Matt’s Status Report for 3/22
This week, I tested the QR scanning code for getting the QR value, determining the box height, and determining the box speed/position on our complete system. Creating physical boxes and attaching various QR codes to them, I then ran them on the conveyor belt on different speed settings with our Brio3000 webcam mounted above. I was able to successfully verify the correctness and accuracy of the code to determine the box value, height, speed, and position.
I hope to finish linking our Python and Arduino code, which will enable us to test the QR scanning software and the robotic arm together. Hopefully we can also start testing the entire system next week, since the scanning system can currently acquire all the necessary metrics, and the robotic arm can currently pick up, move, and drop boxes.
Matt’s Status Report for 3/15
This week, I completed the code for determining the box’s speed and depth (y-coordinate). This involved continuously tracking the QR codes using the webcam and estimating continuous center position movement over time. I tested it using our Brio3000 webcam on actual boxes moving on the treadmill, and it seems to work accurately.
I plan on completing the Arduino code and the Python/Arduino interfacing code so that we can immediately run our software as soon as the arm is ready. We will also soon start testing our QR / movement code with the arm.
Matt’s Status Report for 3/8
This week, I completed the QR scanning code and successfully tested it using our Brio3000 webcam. In addition to reading the QR code value, I completed the code for getting the QR’s position and size. I also tested this on real-world QR codes using the Brio3000. This code should allow us to estimate a box’s depth and speed in our robotic arm system.
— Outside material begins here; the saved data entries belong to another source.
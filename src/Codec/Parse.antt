-- ===== src/Codec/Parse.antt =====
-- `cq_fields_parse` against a document's lines.
use casquinha.Prelude.{
  subst, ℕ, zero, suc, ◌-◌, ◌<◌, Option, none, some, List, [], ◌∷◌, ◌==◌, ltb, if◌then◌else◌,
  length, take, Bytes, bytes_eq, ◌≡◌, refl, arith, ap, sym, ◌∙◌,
}
use casquinha.Alloc.{Memory}
use casquinha.Codec.{Fields, take_line, strip_cr, split_tab, put_line, parse_lines, parse, get}
use casquinha.Codec.Lookup.{
  IsNulFree, get-fields_put, fields_put-memory, fields_put-IsValid, IsValid,
}

-- The lines of a document: what stands between its LFs, the last line included.
abbrev cons_line : ℕ → List Bytes → List Bytes
cons_line c [] = (c ∷ []) ∷ []
cons_line c (l ∷ ls) = (c ∷ l) ∷ ls

abbrev pub lines : Bytes → List Bytes
lines [] = [] ∷ []
lines (c ∷ cs) = if c == b'\n' then [] ∷ lines cs else cons_line c (lines cs)

-- The document line by line, with no buffer.
abbrev pub fold_lines : Memory → Fields → List Bytes → Fields × Memory
fold_lines m f [] = (f, m)
fold_lines m f (l ∷ ls) = let (f', m') = put_line m f l in fold_lines m' f' ls

abbrev Splits : Bytes → Bytes × Option Bytes → Type 0
Splits doc (l, none) = lines doc ≡ l ∷ []
Splits doc (l, some r) = (lines doc ≡ l ∷ lines r) × (length r < length doc)

take_line-Splits : (doc : Bytes) → Splits doc (take_line doc)
unfolding take_line
take_line-Splits [] = refl
take_line-Splits (c ∷ cs) = ground (arith, take_line-Splits cs)

parse_lines-fold :
    (n : ℕ) (m : Memory) (f : Fields) (doc : Bytes)
    → length doc < n
    → parse_lines n m f doc ≡ fold_lines m f (lines doc)
unfolding parse_lines
parse_lines-fold zero m f doc h = absurd (omega arith)
parse_lines-fold (suc n) m f doc h =
    go (take_line doc) (take_line-Splits doc) refl (λ m' f' r lt. parse_lines-fold n m' f' r lt)
  where
    go :
        (t : Bytes × Option Bytes)
        → Splits doc t
        → take_line doc ≡ t
        → ((m' : Memory) (f' : Fields) (r : Bytes)
            → length r < n
            → parse_lines n m' f' r ≡ fold_lines m' f' (lines r))
        → parse_lines (suc n) m f doc ≡ fold_lines m f (lines doc)
    go (l, none) s e ih = ground (arith, e, s)
    go (l, some r) s e ih = ground (arith, e, s, ih (put_line m f l).1 (put_line m f l).0 r)

-- Enough fuel: the parser goes through every line of the document, in order, and stops. An empty
-- document leaves the fields alone.
pub parse-fold :
    (m : Memory) (f : Fields) (doc : Bytes) → parse m f doc ≡ fold_lines m f (lines doc)
unfolding parse
parse-fold m f [] = unfold put_line strip_cr split_tab in refl
parse-fold m f (c ∷ cs) = ground (arith, parse_lines-fold (suc (length (c ∷ cs))) m f (c ∷ cs))

-- What a line says, if anything: the key before its first TAB and the value after it, with one
-- trailing CR stripped; nothing if there is no TAB or no key.
abbrev pub entry : Bytes → Option (Bytes × Bytes)
entry line = elim (split_tab (strip_cr line)) [
  | none ↦ none
  | some (k, v) ↦ if ltb 0 (length k) then some (k, v) else none
]

-- What a line changes of the value under `k`.
abbrev pub override : Bytes → Option Bytes → Option (Bytes × Bytes) → Option Bytes
override k before none = before
override k before (some (j, v)) = if bytes_eq j k then some v else before

-- The value of the last line that has key `k`, or what was read before.
abbrev pub last_value : Bytes → Option Bytes → List Bytes → Option Bytes
last_value k before [] = before
last_value k before (l ∷ ls) = last_value k (override k before (entry l)) ls

abbrev pub AllNulFree : List Bytes → Type 0
AllNulFree [] = Unit
AllNulFree (l ∷ ls) = IsNulFree l × AllNulFree ls

lines-AllNulFree : (doc : Bytes) → IsNulFree doc → AllNulFree (lines doc)
lines-AllNulFree [] h = (tt, tt)
lines-AllNulFree (c ∷ cs) h = go (lines cs) (lines-AllNulFree cs h.1)
  where
    go :
        (ls : List Bytes)
        → AllNulFree ls
        → AllNulFree (if c == b'\n' then [] ∷ ls else cons_line c ls)
    go [] a = ground arith
    go (l ∷ ls) a = ground arith

take-IsNulFree : (n : ℕ) (l : Bytes) → IsNulFree l → IsNulFree (take n l)
take-IsNulFree zero l h = tt
take-IsNulFree (suc n) [] h = tt
take-IsNulFree (suc n) (c ∷ cs) h = (h.0, take-IsNulFree n cs h.1)

strip_cr-IsNulFree : (l : Bytes) → IsNulFree l → IsNulFree (strip_cr l)
unfolding strip_cr
strip_cr-IsNulFree l h = ground (arith, take-IsNulFree (length l - 1) l h)

abbrev PairNulFree : Option (Bytes × Bytes) → Type 0
PairNulFree none = Unit
PairNulFree (some (k, v)) = IsNulFree k × IsNulFree v

split_tab-NulFree : (l : Bytes) → IsNulFree l → PairNulFree (split_tab l)
unfolding split_tab
split_tab-NulFree [] h = tt
split_tab-NulFree (c ∷ cs) h = ground (arith, split_tab-NulFree cs h.1)

put_line-get :
    (f : Fields) (l k : Bytes)
    → IsNulFree l
    → ((put_line [] f l).1 ≡ []) × (get (put_line [] f l).0 k ≡ override k (get f k) (entry l))
unfolding put_line
put_line-get f l k h =
    go (split_tab (strip_cr l)) (split_tab-NulFree (strip_cr l) (strip_cr-IsNulFree l h)) refl
  where
    go :
        (o : Option (Bytes × Bytes))
        → PairNulFree o
        → split_tab (strip_cr l) ≡ o
        → ((put_line [] f l).1 ≡ []) × (get (put_line [] f l).0 k ≡ override k (get f k) (entry l))
    go none p e = ground (arith, e)
    go (some (j, v)) p e =
        ground (arith, e, fields_put-memory f j v, get-fields_put f j v k p.0 p.1)

fold_lines-get :
    (f : Fields) (ls : List Bytes) (k : Bytes)
    → AllNulFree ls
    → get (fold_lines [] f ls).0 k ≡ last_value k (get f k) ls
fold_lines-get f [] k h = refl
fold_lines-get f (l ∷ ls) k h =
    let step = put_line-get f l k h.0 in
    let f' = (put_line [] f l).0 in
    subst (λ m'. get (fold_lines m' f' ls).0 k ≡ last_value k (get f k) (l ∷ ls)) (sym step.0)
      (fold_lines-get f' ls k h.1 ∙ ap (λ before. last_value k before ls) step.1)

-- With memory at hand, what is read under a key after parsing a document without NULs is the value
-- of the last line with that key, and what was there before if no line has it.
pub get-parse :
    (f : Fields) (doc k : Bytes)
    → IsNulFree doc
    → get (parse [] f doc).0 k ≡ last_value k (get f k) (lines doc)
get-parse f doc k h =
    rw (parse-fold [] f doc) (fold_lines-get f (lines doc) k (lines-AllNulFree doc h))

put_line-memory : (f : Fields) (l : Bytes) → (put_line [] f l).1 ≡ []
put_line-memory f l = go (split_tab (strip_cr l)) refl
  where
    go : (o : Option (Bytes × Bytes)) → split_tab (strip_cr l) ≡ o → (put_line [] f l).1 ≡ []
    go none e = unfold put_line in ground (arith, e)
    go (some (k, v)) e = unfold put_line in ground (arith, e, fields_put-memory f k v)

fold_lines-memory : (f : Fields) (ls : List Bytes) → (fold_lines [] f ls).1 ≡ []
fold_lines-memory f [] = refl
fold_lines-memory f (l ∷ ls) =
    subst (λ m. (fold_lines m (put_line [] f l).0 ls).1 ≡ []) (sym (put_line-memory f l))
      (fold_lines-memory (put_line [] f l).0 ls)

pub parse-memory : (f : Fields) (doc : Bytes) → (parse [] f doc).1 ≡ []
parse-memory f doc = ap (λ r. r.1) (parse-fold [] f doc) ∙ fold_lines-memory f (lines doc)

fold_lines-IsValid :
    (m : Memory) (f : Fields) (ls : List Bytes) → IsValid f → IsValid (fold_lines m f ls).0
fold_lines-IsValid m f [] h = h
fold_lines-IsValid m f (l ∷ ls) h =
    fold_lines-IsValid (put_line m f l).1 (put_line m f l).0 ls (step (split_tab (strip_cr l)) refl)
  where
    step : (o : Option (Bytes × Bytes)) → split_tab (strip_cr l) ≡ o → IsValid (put_line m f l).0
    step none e = unfold put_line in ground (arith, e)
    step (some (k, v)) e = unfold put_line in ground (arith, e, fields_put-IsValid m f k v h)

-- Whatever the document holds and whichever requests for memory fail, the parser keeps the fields
-- within their allocation.
pub parse-IsValid : (m : Memory) (f : Fields) (doc : Bytes) → IsValid f → IsValid (parse m f doc).0
parse-IsValid m f doc h = rw (parse-fold m f doc) (fold_lines-IsValid m f (lines doc) h)
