-- ===== src/Serial/ReaderThread.antt =====
-- reader_thread_posix of mp_serial_ext.c, round by round. What the system and the other threads
-- answer in a round is an argument.
pub mod Delivery
use p.Common.{ℕ, Bool, true, false, List, [], ◌∷◌, Option, none, some, if◌then◌else◌, ◌>>=◌, not}
use p.Serial.State.{Shared, Perf}
use p.Serial.Cpu.{CpuClock, cpu_sample, spent}
use p.Serial.Reader.{Reader, Flags, feed_posix}

-- The result of select: an error other than EINTR, EINTR, no data in time, data.
pub data Select : Type 0 where
  failed interrupted expired ready : Select

pub record Round : Type 0 where
  -- `while (self->alive)`, thread_cpu_now_ns() and `self->fd >= 0`
  pub alive : Bool
  pub now_ns : ℕ
  pub fd_open : Bool
  -- select, and `self->alive` behind it
  pub select : Select
  pub alive_selected : Bool
  -- The bytes that serial_read_posix has read, or none where it returns 0 or less; and
  -- `self->alive` behind it
  pub received : Option (List ℕ)
  pub alive_read : Bool
  -- The flags in the rounds of the inner loop
  pub flags : ℕ → Flags

pub record Thread : Type 0 where
  pub reader : Reader
  pub cpu : CpuClock

-- The loop goes on, or is left.
pub data Next : Type 0 where
  goes_on : Thread → Next
  leaves : Thread → Next

abbrev with_cpu : Thread → CpuClock × ℕ → Thread
with_cpu t (c, total) = record t {
  cpu = c;
  reader = record (t.reader) {
    shared = record (t.reader.shared) {
      perf = record (t.reader.shared.perf) { cpu_reader_ns = total };
    };
  };
}

pub sampled : Thread → ℕ → Thread
unfolding cpu_sample
sampled t now = with_cpu t (cpu_sample t.cpu t.reader.shared.perf.cpu_reader_ns now)

read_turn : Thread → Round → Option Next
read_turn t round = if not round.alive_read then some (leaves t) else elim round.received [
  | none ↦ some (leaves t)
  | some p ↦ feed_posix round.flags t.reader p >>= λ r. some (goes_on (record t { reader = r }))
]

select_turn : Thread → Round → Option Next
unfolding read_turn
select_turn t round = elim round.select [
  | failed ↦ some (leaves t)
  | interrupted ↦ some (goes_on t)
  | expired ↦ some (goes_on t)
  | ready ↦ read_turn t round
]

pub thread_round : Thread → Round → Option Next
unfolding select_turn
thread_round t round =
    if not round.alive
    then some (leaves t)
    else (let t' = sampled t round.now_ns in
        if not round.fd_open
        then some (leaves t')
        else if not round.alive_selected
        then some (leaves t')
        else select_turn t' round)

-- The rounds so far; a thread that has left the loop does nothing more.
pub thread_run : Thread → List Round → Option Next
thread_run t [] = some (goes_on t)
thread_run t (round ∷ rounds) =
    thread_round t round
    >>= elim [ leaves t' ↦ some (leaves t') | goes_on t' ↦ thread_run t' rounds ]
Next week, I plan on testing the QR code on the entire treadmill system. This will involve mounting the webcam above the treadmill and running the QR code scanning, position, and size tests on real boxes that are moving on the treadmill.
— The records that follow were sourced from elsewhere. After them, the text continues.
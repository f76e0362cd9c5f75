-- ===== src/Serial/Reader/Scan.antt =====
-- The reader's inner loop on one chunk does to the ring what the stream's frames do to the queue.
use p.Common.{
  ◌<◌, gt→leb, ne→==, ℕ, zero, suc, ◌+◌, ◌≤◌, ◌≡◌, refl, sym, ap, ◌∙◌, true, List, [], ◌∷◌, ◌++◌,
  length, length-append, arith, All, All-left, All-right, Option, none, some, subst, ◌⊎◌, inl, inr,
}
use p.Cobs.{IsByte}
use p.Cobs.Bounds.{IsWire}
use p.Cobs.RoundTrip.{IsNonzero}
use p.Serial.Reader.{frame_bytes, append_chunk, Reader, Flags, memchr_zero, end_frame, scan_posix}
use p.Serial.Reader.Stream.{
  View, receive, feed, IsFraming, feed_nonzero, feed_segment, IsFraming-nonzero, IsFraming-segment,
}
use p.Serial.Reader.Frame.{Shows, append_lem, end_lem}

-- memchr finds the first zero, or there is none.
pub memchr_cases :
    (p : List ℕ)
    → ((memchr_zero p ≡ none) × All IsNonzero p)
      ⊎ ((q : List ℕ) × (after : List ℕ) × (memchr_zero p ≡ some (q, after))
          × (p ≡ q ++ (0 ∷ after))
          × All IsNonzero q)
unfolding memchr_zero
memchr_cases [] = inl (refl, tt)
memchr_cases (zero ∷ p) = inr ([], p, refl, refl, tt)
memchr_cases (suc x ∷ p) = elim (memchr_cases p) [
  | inl (e, nz) ↦ inl (rw (ne→== (suc x) 0 (omega arith), e), (omega arith, nz))
  | inr (q, after, e, s, nz) ↦ inr (
    suc x ∷ q,
    after,
    rw (ne→== (suc x) 0 (omega arith), e),
    ap (λ l. suc x ∷ l) s,
    (omega arith, nz),
  )
]

to_wire : (xs : List ℕ) → All IsNonzero xs → All IsByte xs → All IsWire xs
to_wire [] nz bs = tt
to_wire (x ∷ xs) nz bs = ((nz.0, bs.0), to_wire xs nz.1 bs.1)

-- Both flags are set in every round.
abbrev pub AllSet : (ℕ → Flags) → Type 0
AllSet flags = (k : ℕ) → ((flags k).py_enabled ≡ true) × ((flags k).alive ≡ true)

-- A round of the loop: up to the next zero, or to the end of the chunk.
round_end :
    (fuel : ℕ) (flags : ℕ → Flags) (k : ℕ) (r r' : Reader) (x : ℕ) (p : List ℕ)
    → memchr_zero (x ∷ p) ≡ none
    → append_chunk r (x ∷ p) ≡ some r'
    → scan_posix (suc fuel) flags k r (x ∷ p) ≡ some r'
unfolding scan_posix
round_end fuel flags k r r' x p e a = rw (e, scan_posix) a

round_zero :
    (fuel : ℕ) (flags : ℕ → Flags) (k : ℕ) (r r' r'' : Reader) (x : ℕ) (p q after : List ℕ)
    → memchr_zero (x ∷ p) ≡ some (q, after)
    → append_chunk r q ≡ some r'
    → end_frame r' true ≡ some r''
    → ((flags k).py_enabled ≡ true) × ((flags k).alive ≡ true)
    → scan_posix (suc fuel) flags k r (x ∷ p) ≡ scan_posix fuel flags (k + 1) r'' after
unfolding scan_posix
round_zero fuel flags k r r' r'' x p q after e a b (on, alive) = rw (e, a, on, b, alive, scan_posix)

-- The loop on a chunk shows what the stream's bytes do to the view.
abbrev pub Scanned : Option Reader → View × List ℕ → Type 0
Scanned m (v, cur) = (r : Reader) × (m ≡ some r) × Shows r v cur

-- With fuel for every byte, while the flags stay set, the inner loop ends without a fault on any
-- chunk of bytes, and the ring, the counters and the frame buffer afterwards show what the
-- chunk's bytes make of the stream, if no segment is longer than the frame buffer.
pub scan_posix-feeds :
    (fuel : ℕ) (flags : ℕ → Flags) (k : ℕ) (r : Reader) (p : List ℕ) (v : View) (cur : List ℕ)
    → length p ≤ fuel
    → AllSet flags
    → Shows r v cur
    → All IsByte p
    → IsFraming cur p
    → Scanned (scan_posix fuel flags k r p) (feed v cur p)
scan_posix-feeds zero flags k r [] v cur fit on h bs framing =
    unfold scan_posix feed in (r, refl, h)
scan_posix-feeds (suc fuel) flags k r [] v cur fit on h bs framing =
    unfold scan_posix feed in (r, refl, h)
scan_posix-feeds zero flags k r (x ∷ p) v cur fit on h bs framing = absurd (omega arith)
scan_posix-feeds (suc fuel) flags k r (x ∷ p) v cur fit on h bs framing =
    elim (memchr_cases (x ∷ p)) [
      | inl (e, nz) ↦
          let (r', a, h') =
            append_lem r v cur (x ∷ p) h (to_wire (x ∷ p) nz bs)
              (IsFraming-nonzero cur (x ∷ p) nz framing) in
          subst (Scanned (scan_posix (suc fuel) flags k r (x ∷ p)))
            (sym (feed_nonzero v cur (x ∷ p) nz)) (r', round_end fuel flags k r r' x p e a, h')
      | inr (q, after, e, s, nz) ↦
          let (short, framing') =
            IsFraming-segment cur q after nz (subst (IsFraming cur) s framing) in
          let bs' = subst (All IsByte) s bs in
          let (r', a, h') =
            append_lem r v cur q h (to_wire q nz (All-left IsByte q (0 ∷ after) bs')) short in
          let (r'', b, h'') = end_lem r' v (cur ++ q) h' in
          subst (Scanned (scan_posix (suc fuel) flags k r (x ∷ p)))
            (sym (feed_segment v cur q after nz) ∙ ap (feed v cur) (sym s))
            (subst (λ m. Scanned m (feed (receive v (cur ++ q)) [] after))
              (sym (round_zero fuel flags k r r' r'' x p q after e a b (on k)))
              (scan_posix-feeds fuel flags (k + 1) r'' after (receive v (cur ++ q)) []
                (omega (arith, ap length s, length-append q (0 ∷ after))) on h''
                (All-right IsByte q (0 ∷ after) bs').1 framing'))
    ]

-- A chunk that does not fit behind what is collected.
overflow_lem :
    (r : Reader) (v : View) (cur q : List ℕ)
    → Shows r v cur
    → 0 < length q
    → frame_bytes < length cur + length q
    → (r' : Reader) × (append_chunk r q ≡ some r') × Shows r' v []
unfolding append_chunk
overflow_lem r v cur q h pos over = (
  record r { frame_len = 0 },
  rw
      (
        ne→== (length q) 0 (omega arith),
        gt→leb (r.frame_len + length q) frame_bytes (omega (arith, h.len_at)),
      )
      refl,
  record {
    buf_size = h.buf_size;
    tmp_size = h.tmp_size;
    len_at = refl;
    content = refl;
    short = omega arith;
    wire = tt;
    shared = h.shared;
  },
)

-- If the bytes collected and a chunk without a zero are more than the frame buffer holds, the
-- inner loop forgets both and stands as between two frames: ring and counters are unchanged, and
-- what follows of the segment is taken for a segment of its own.
pub scan_posix-overflow :
    (fuel : ℕ) (flags : ℕ → Flags) (k : ℕ) (r : Reader) (x : ℕ) (p : List ℕ) (v : View)
    (cur : List ℕ)
    → Shows r v cur
    → All IsNonzero (x ∷ p)
    → frame_bytes < length cur + length (x ∷ p)
    → Scanned (scan_posix (suc fuel) flags k r (x ∷ p)) (v, [])
scan_posix-overflow fuel flags k r x p v cur h nz over = elim (memchr_cases (x ∷ p)) [
  | inl (e, _) ↦
      let (r', a, h') = overflow_lem r v cur (x ∷ p) h (omega arith) over in
      (r', round_end fuel flags k r r' x p e a, h')
  | inr (q, after, e, s, _) ↦ absurd (no_zero q after (subst (All IsNonzero) s nz))
]
  where
    no_zero : (q after : List ℕ) → All IsNonzero (q ++ (0 ∷ after)) → ⊥
    no_zero [] after h = omega (arith, h.0)
    no_zero (y ∷ q) after h = no_zero q after h.1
Matt’s Status Report for 2/22
This week, I completed the initial QR code scanning code and successfully tested it on an online QR code dataset. I also improved the main.py file to integrate both the vision and kinematics models and send out according placeholder commands to the Arduino.
Matt’s Status Report for 2/15
This week, I completed the code for the kinematics equations in Python, wrote a code outline for connecting to and communicating with the Arduino, and helped Raunak start the code for QR code scanning. I also contributed to creating the design review presentation; specifically, I helped with writing the low-level breakdowns and images.
I’m working to finish the QR scanning code and get it using real QR code test data sets. Ideally, I also hope to get it working on real-life QR codes that we print out, since our camera should arrive next week.
Matt’s Status Report for 2/8/25
I used this week to start working on coding the inverse kinematics equations for calculating/controlling the robot arm movement. I watched a couple videos on inverse kinematics for robotics (https://www.youtube.com/watch?v=qFE-zuD6jok&ab_channel=EngineerM, https://www.youtube.com/watch?v=nW5FUVzYCKM&ab_channel=KevinMcAleer), particularly on Python implementations. Using what I learned, I coded some initial inverse kinematics in Python, since we plan on using Matplotlib physics simulations to test while the robot arm is still being completed.